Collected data

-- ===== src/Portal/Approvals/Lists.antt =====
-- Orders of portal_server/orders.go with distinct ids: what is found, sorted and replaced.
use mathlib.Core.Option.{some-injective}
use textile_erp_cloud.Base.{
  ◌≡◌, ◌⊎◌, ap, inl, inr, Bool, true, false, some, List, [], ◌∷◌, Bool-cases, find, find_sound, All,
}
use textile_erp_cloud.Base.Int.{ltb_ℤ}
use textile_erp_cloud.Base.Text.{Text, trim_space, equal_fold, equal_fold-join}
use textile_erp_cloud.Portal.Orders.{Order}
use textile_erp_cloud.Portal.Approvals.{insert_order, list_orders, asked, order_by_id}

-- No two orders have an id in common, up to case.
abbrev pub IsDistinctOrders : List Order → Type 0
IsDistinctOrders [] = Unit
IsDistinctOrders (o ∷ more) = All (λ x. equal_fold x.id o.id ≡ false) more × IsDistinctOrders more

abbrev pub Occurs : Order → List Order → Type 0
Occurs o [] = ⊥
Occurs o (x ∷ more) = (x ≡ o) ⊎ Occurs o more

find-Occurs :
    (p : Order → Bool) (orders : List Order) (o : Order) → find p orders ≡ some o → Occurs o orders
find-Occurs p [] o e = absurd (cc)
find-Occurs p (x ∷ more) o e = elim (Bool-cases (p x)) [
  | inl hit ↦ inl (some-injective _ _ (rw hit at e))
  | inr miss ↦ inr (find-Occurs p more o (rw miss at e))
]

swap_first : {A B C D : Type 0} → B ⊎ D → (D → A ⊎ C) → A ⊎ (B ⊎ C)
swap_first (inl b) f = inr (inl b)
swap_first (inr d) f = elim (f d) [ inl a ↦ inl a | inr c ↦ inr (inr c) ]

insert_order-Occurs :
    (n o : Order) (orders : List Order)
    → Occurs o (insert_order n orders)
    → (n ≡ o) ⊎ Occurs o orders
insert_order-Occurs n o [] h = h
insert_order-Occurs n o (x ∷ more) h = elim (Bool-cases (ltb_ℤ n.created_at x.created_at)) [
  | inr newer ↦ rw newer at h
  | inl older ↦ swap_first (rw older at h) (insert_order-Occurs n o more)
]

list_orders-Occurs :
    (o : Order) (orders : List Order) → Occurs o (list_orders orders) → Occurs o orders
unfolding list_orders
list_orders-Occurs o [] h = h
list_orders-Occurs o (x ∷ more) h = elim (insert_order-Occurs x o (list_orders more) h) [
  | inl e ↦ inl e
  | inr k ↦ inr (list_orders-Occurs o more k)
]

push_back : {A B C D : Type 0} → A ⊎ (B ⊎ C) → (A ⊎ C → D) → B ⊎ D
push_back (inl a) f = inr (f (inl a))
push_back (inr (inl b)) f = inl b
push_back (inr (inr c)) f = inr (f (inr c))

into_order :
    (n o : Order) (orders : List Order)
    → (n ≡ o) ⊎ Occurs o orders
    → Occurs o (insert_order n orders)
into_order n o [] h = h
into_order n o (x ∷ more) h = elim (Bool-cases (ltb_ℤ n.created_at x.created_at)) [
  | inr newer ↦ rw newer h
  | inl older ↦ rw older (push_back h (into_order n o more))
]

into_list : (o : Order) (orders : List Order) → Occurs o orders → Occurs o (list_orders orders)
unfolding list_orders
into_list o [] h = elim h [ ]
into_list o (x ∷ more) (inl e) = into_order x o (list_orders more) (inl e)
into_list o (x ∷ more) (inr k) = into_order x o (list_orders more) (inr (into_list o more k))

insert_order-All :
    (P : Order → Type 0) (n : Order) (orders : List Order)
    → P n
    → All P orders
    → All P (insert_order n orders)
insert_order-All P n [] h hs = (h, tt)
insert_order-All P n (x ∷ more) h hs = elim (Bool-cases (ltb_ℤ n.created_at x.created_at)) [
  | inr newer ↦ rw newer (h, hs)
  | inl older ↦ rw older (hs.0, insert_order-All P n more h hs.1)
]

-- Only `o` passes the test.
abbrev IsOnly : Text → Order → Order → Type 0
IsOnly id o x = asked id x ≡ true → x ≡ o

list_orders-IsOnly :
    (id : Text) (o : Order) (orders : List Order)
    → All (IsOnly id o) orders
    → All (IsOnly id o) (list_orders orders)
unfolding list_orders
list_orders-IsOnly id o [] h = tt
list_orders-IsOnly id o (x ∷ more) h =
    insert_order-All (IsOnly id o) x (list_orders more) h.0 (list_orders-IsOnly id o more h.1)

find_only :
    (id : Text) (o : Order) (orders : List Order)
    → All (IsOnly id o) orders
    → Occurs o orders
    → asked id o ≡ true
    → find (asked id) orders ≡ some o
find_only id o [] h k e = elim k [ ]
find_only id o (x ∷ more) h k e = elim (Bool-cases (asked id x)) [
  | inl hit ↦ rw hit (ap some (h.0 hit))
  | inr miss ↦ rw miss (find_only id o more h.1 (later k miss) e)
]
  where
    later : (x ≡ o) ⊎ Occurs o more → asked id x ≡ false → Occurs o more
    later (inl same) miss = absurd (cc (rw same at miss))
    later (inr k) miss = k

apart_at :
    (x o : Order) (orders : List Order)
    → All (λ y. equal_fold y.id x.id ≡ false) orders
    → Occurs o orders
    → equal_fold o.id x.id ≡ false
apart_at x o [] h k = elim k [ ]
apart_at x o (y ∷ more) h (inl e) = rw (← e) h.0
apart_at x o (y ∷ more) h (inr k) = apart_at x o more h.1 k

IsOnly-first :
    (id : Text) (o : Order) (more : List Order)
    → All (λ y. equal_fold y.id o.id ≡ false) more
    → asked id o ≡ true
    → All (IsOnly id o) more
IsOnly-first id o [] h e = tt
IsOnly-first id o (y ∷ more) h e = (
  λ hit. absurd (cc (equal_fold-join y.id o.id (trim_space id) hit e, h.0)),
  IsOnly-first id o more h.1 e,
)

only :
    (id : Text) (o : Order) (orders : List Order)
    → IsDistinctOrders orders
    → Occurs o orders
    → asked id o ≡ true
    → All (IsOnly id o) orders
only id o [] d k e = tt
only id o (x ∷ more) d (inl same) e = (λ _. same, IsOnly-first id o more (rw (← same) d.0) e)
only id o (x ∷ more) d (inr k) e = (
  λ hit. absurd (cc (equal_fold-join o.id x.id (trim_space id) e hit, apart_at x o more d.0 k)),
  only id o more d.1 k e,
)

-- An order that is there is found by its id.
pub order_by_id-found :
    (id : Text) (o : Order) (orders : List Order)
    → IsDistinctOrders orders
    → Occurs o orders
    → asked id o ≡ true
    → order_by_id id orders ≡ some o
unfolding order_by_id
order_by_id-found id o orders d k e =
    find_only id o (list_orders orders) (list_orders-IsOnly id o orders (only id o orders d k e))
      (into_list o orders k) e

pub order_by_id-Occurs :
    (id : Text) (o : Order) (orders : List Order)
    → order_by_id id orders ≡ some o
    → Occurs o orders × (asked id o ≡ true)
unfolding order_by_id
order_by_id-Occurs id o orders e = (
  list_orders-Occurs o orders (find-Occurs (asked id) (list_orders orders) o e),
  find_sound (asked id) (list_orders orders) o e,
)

Directions.
Please reproduce the lines from the line with "find-Occurs p (x" to the line with "into_list o (x ∷ more) (inl", both ends included, exactly as they appear above.

Solution to this problem.
find-Occurs p (x ∷ more) o e = elim (Bool-cases (p x)) [
  | inl hit ↦ inl (some-injective _ _ (rw hit at e))
  | inr miss ↦ inr (find-Occurs p more o (rw miss at e))
]

swap_first : {A B C D : Type 0} → B ⊎ D → (D → A ⊎ C) → A ⊎ (B ⊎ C)
swap_first (inl b) f = inr (inl b)
swap_first (inr d) f = elim (f d) [ inl a ↦ inl a | inr c ↦ inr (inr c) ]

insert_order-Occurs :
    (n o : Order) (orders : List Order)
    → Occurs o (insert_order n orders)
    → (n ≡ o) ⊎ Occurs o orders
insert_order-Occurs n o [] h = h
insert_order-Occurs n o (x ∷ more) h = elim (Bool-cases (ltb_ℤ n.created_at x.created_at)) [
  | inr newer ↦ rw newer at h
  | inl older ↦ swap_first (rw older at h) (insert_order-Occurs n o more)
]

list_orders-Occurs :
    (o : Order) (orders : List Order) → Occurs o (list_orders orders) → Occurs o orders
unfolding list_orders
list_orders-Occurs o [] h = h
list_orders-Occurs o (x ∷ more) h = elim (insert_order-Occurs x o (list_orders more) h) [
  | inl e ↦ inl e
  | inr k ↦ inr (list_orders-Occurs o more k)
]

push_back : {A B C D : Type 0} → A ⊎ (B ⊎ C) → (A ⊎ C → D) → B ⊎ D
push_back (inl a) f = inr (f (inl a))
push_back (inr (inl b)) f = inl b
push_back (inr (inr c)) f = inr (f (inr c))

into_order :
    (n o : Order) (orders : List Order)
    → (n ≡ o) ⊎ Occurs o orders
    → Occurs o (insert_order n orders)
into_order n o [] h = h
into_order n o (x ∷ more) h = elim (Bool-cases (ltb_ℤ n.created_at x.created_at)) [
  | inr newer ↦ rw newer h
  | inl older ↦ rw older (push_back h (into_order n o more))
]

into_list : (o : Order) (orders : List Order) → Occurs o orders → Occurs o (list_orders orders)
unfolding list_orders
into_list o [] h = elim h [ ]
into_list o (x ∷ more) (inl e) = into_order x o (list_orders more) (inl e)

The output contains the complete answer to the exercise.